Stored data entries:
══════

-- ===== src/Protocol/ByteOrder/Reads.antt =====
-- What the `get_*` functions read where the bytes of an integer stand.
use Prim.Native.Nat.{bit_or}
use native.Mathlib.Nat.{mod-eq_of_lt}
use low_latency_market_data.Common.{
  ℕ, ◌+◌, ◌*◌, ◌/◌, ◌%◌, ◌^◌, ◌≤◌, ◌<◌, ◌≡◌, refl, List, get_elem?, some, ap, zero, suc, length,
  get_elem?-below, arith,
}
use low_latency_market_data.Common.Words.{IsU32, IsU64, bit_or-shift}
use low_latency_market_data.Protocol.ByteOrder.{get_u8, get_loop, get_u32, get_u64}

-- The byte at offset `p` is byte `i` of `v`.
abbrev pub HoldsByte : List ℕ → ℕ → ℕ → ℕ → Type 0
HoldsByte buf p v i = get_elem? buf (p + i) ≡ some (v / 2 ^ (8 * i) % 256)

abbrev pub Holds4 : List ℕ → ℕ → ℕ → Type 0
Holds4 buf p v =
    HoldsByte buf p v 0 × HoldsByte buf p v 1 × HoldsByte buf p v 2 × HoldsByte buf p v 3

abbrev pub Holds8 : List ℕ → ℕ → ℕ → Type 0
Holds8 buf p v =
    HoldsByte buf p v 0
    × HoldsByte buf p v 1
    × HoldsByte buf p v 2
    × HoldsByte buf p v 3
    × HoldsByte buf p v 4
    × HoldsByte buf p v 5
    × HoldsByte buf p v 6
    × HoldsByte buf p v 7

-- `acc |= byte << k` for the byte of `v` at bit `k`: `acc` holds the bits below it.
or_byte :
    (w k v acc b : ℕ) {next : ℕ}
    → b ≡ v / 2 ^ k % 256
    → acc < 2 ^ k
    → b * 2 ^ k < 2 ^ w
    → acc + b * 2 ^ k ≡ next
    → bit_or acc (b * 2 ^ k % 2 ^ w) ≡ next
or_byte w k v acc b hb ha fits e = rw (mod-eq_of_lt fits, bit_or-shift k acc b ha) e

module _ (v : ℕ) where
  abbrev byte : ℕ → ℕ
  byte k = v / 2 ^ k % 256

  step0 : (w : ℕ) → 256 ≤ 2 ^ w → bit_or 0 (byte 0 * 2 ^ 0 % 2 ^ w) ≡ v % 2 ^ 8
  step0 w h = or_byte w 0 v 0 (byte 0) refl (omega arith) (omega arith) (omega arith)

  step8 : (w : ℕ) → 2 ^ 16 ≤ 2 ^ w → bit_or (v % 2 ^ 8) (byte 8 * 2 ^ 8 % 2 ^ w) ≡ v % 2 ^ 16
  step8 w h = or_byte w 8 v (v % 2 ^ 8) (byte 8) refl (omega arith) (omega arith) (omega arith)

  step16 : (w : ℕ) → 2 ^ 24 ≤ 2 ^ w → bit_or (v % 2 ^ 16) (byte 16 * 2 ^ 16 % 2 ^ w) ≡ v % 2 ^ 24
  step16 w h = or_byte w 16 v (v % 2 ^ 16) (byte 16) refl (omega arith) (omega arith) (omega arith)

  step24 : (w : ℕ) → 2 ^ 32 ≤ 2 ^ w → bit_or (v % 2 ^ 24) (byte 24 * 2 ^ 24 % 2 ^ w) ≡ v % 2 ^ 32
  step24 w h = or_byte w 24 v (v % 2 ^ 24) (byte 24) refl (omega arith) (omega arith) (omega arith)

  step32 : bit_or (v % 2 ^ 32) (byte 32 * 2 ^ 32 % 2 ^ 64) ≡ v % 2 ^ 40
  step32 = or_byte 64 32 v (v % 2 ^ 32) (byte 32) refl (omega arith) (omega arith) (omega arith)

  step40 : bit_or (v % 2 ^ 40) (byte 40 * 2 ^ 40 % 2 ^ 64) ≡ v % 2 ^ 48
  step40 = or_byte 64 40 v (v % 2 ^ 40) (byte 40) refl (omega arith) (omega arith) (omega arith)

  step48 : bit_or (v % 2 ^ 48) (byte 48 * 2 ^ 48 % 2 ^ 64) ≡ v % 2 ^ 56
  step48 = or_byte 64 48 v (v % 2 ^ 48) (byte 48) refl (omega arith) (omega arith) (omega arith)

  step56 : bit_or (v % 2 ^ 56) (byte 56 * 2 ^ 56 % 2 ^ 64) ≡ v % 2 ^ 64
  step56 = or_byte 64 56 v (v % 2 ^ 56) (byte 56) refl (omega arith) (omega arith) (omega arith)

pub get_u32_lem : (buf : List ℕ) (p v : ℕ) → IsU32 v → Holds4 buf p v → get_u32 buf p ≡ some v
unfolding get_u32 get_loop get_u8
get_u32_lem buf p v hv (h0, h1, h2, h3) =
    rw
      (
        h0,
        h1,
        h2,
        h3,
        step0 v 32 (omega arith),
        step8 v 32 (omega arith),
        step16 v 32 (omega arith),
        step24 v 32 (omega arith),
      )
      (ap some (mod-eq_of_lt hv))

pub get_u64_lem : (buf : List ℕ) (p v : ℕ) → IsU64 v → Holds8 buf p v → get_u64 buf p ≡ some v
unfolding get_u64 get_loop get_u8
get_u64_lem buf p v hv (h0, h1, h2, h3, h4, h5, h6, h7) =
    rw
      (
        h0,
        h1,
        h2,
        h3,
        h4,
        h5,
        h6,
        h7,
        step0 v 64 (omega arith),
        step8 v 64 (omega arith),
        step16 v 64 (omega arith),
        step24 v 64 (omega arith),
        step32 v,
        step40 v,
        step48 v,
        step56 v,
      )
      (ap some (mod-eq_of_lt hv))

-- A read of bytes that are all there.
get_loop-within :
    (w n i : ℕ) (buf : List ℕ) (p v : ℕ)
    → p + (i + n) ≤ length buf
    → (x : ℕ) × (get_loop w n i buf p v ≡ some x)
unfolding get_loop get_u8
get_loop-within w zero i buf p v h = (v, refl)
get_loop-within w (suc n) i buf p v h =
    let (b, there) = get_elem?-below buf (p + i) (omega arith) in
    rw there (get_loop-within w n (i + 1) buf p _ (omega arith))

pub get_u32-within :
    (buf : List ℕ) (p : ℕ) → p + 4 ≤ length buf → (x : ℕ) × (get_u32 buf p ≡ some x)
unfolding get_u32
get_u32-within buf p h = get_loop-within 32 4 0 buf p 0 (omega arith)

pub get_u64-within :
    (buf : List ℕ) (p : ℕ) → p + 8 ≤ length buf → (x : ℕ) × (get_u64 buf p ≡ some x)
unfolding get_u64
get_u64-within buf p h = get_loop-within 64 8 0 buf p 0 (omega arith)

══════

→ **What you will do**
Write out every entry above exactly as given.

→ **Answer section**
-- ===== src/Protocol/ByteOrder/Reads.antt =====
-- What the `get_*` functions read where the bytes of an integer stand.
use Prim.Native.Nat.{bit_or}
use native.Mathlib.Nat.{mod-eq_of_lt}
use low_latency_market_data.Common.{
  ℕ, ◌+◌, ◌*◌, ◌/◌, ◌%◌, ◌^◌, ◌≤◌, ◌<◌, ◌≡◌, refl, List, get_elem?, some, ap, zero, suc, length,
  get_elem?-below, arith,
}
use low_latency_market_data.Common.Words.{IsU32, IsU64, bit_or-shift}
use low_latency_market_data.Protocol.ByteOrder.{get_u8, get_loop, get_u32, get_u64}

-- The byte at offset `p` is byte `i` of `v`.
abbrev pub HoldsByte : List ℕ → ℕ → ℕ → ℕ → Type 0
HoldsByte buf p v i = get_elem? buf (p + i) ≡ some (v / 2 ^ (8 * i) % 256)

abbrev pub Holds4 : List ℕ → ℕ → ℕ → Type 0
Holds4 buf p v =
    HoldsByte buf p v 0 × HoldsByte buf p v 1 × HoldsByte buf p v 2 × HoldsByte buf p v 3

abbrev pub Holds8 : List ℕ → ℕ → ℕ → Type 0
Holds8 buf p v =
    HoldsByte buf p v 0
    × HoldsByte buf p v 1
    × HoldsByte buf p v 2
    × HoldsByte buf p v 3
    × HoldsByte buf p v 4
    × HoldsByte buf p v 5
    × HoldsByte buf p v 6
    × HoldsByte buf p v 7

-- `acc |= byte << k` for the byte of `v` at bit `k`: `acc` holds the bits below it.
or_byte :
    (w k v acc b : ℕ) {next : ℕ}
    → b ≡ v / 2 ^ k % 256
    → acc < 2 ^ k
    → b * 2 ^ k < 2 ^ w
    → acc + b * 2 ^ k ≡ next
    → bit_or acc (b * 2 ^ k % 2 ^ w) ≡ next
or_byte w k v acc b hb ha fits e = rw (mod-eq_of_lt fits, bit_or-shift k acc b ha) e

module _ (v : ℕ) where
  abbrev byte : ℕ → ℕ
  byte k = v / 2 ^ k % 256

  step0 : (w : ℕ) → 256 ≤ 2 ^ w → bit_or 0 (byte 0 * 2 ^ 0 % 2 ^ w) ≡ v % 2 ^ 8
  step0 w h = or_byte w 0 v 0 (byte 0) refl (omega arith) (omega arith) (omega arith)

  step8 : (w : ℕ) → 2 ^ 16 ≤ 2 ^ w → bit_or (v % 2 ^ 8) (byte 8 * 2 ^ 8 % 2 ^ w) ≡ v % 2 ^ 16
  step8 w h = or_byte w 8 v (v % 2 ^ 8) (byte 8) refl (omega arith) (omega arith) (omega arith)

  step16 : (w : ℕ) → 2 ^ 24 ≤ 2 ^ w → bit_or (v % 2 ^ 16) (byte 16 * 2 ^ 16 % 2 ^ w) ≡ v % 2 ^ 24
  step16 w h = or_byte w 16 v (v % 2 ^ 16) (byte 16) refl (omega arith) (omega arith) (omega arith)

  step24 : (w : ℕ) → 2 ^ 32 ≤ 2 ^ w → bit_or (v % 2 ^ 24) (byte 24 * 2 ^ 24 % 2 ^ w) ≡ v % 2 ^ 32
  step24 w h = or_byte w 24 v (v % 2 ^ 24) (byte 24) refl (omega arith) (omega arith) (omega arith)

  step32 : bit_or (v % 2 ^ 32) (byte 32 * 2 ^ 32 % 2 ^ 64) ≡ v % 2 ^ 40
  step32 = or_byte 64 32 v (v % 2 ^ 32) (byte 32) refl (omega arith) (omega arith) (omega arith)

  step40 : bit_or (v % 2 ^ 40) (byte 40 * 2 ^ 40 % 2 ^ 64) ≡ v % 2 ^ 48
  step40 = or_byte 64 40 v (v % 2 ^ 40) (byte 40) refl (omega arith) (omega arith) (omega arith)

  step48 : bit_or (v % 2 ^ 48) (byte 48 * 2 ^ 48 % 2 ^ 64) ≡ v % 2 ^ 56
  step48 = or_byte 64 48 v (v % 2 ^ 48) (byte 48) refl (omega arith) (omega arith) (omega arith)

  step56 : bit_or (v % 2 ^ 56) (byte 56 * 2 ^ 56 % 2 ^ 64) ≡ v % 2 ^ 64
  step56 = or_byte 64 56 v (v % 2 ^ 56) (byte 56) refl (omega arith) (omega arith) (omega arith)

pub get_u32_lem : (buf : List ℕ) (p v : ℕ) → IsU32 v → Holds4 buf p v → get_u32 buf p ≡ some v
unfolding get_u32 get_loop get_u8
get_u32_lem buf p v hv (h0, h1, h2, h3) =
    rw
      (
        h0,
        h1,
        h2,
        h3,
        step0 v 32 (omega arith),
        step8 v 32 (omega arith),
        step16 v 32 (omega arith),
        step24 v 32 (omega arith),
      )
      (ap some (mod-eq_of_lt hv))

pub get_u64_lem : (buf : List ℕ) (p v : ℕ) → IsU64 v → Holds8 buf p v → get_u64 buf p ≡ some v
unfolding get_u64 get_loop get_u8
get_u64_lem buf p v hv (h0, h1, h2, h3, h4, h5, h6, h7) =
    rw
      (
        h0,
        h1,
        h2,
        h3,
        h4,
        h5,
        h6,
        h7,
        step0 v 64 (omega arith),
        step8 v 64 (omega arith),
        step16 v 64 (omega arith),
        step24 v 64 (omega arith),
        step32 v,
        step40 v,
        step48 v,
        step56 v,
      )
      (ap some (mod-eq_of_lt hv))

-- A read of bytes that are all there.
get_loop-within :
    (w n i : ℕ) (buf : List ℕ) (p v : ℕ)
    → p + (i + n) ≤ length buf
    → (x : ℕ) × (get_loop w n i buf p v ≡ some x)
unfolding get_loop get_u8
get_loop-within w zero i buf p v h = (v, refl)
get_loop-within w (suc n) i buf p v h =
    let (b, there) = get_elem?-below buf (p + i) (omega arith) in
    rw there (get_loop-within w n (i + 1) buf p _ (omega arith))

pub get_u32-within :
    (buf : List ℕ) (p : ℕ) → p + 4 ≤ length buf → (x : ℕ) × (get_u32 buf p ≡ some x)
unfolding get_u32
get_u32-within buf p h = get_loop-within 32 4 0 buf p 0 (omega arith)

pub get_u64-within :
    (buf : List ℕ) (p : ℕ) → p + 8 ≤ length buf → (x : ℕ) × (get_u64 buf p ≡ some x)
unfolding get_u64
get_u64-within buf p h = get_loop-within 64 8 0 buf p 0 (omega arith)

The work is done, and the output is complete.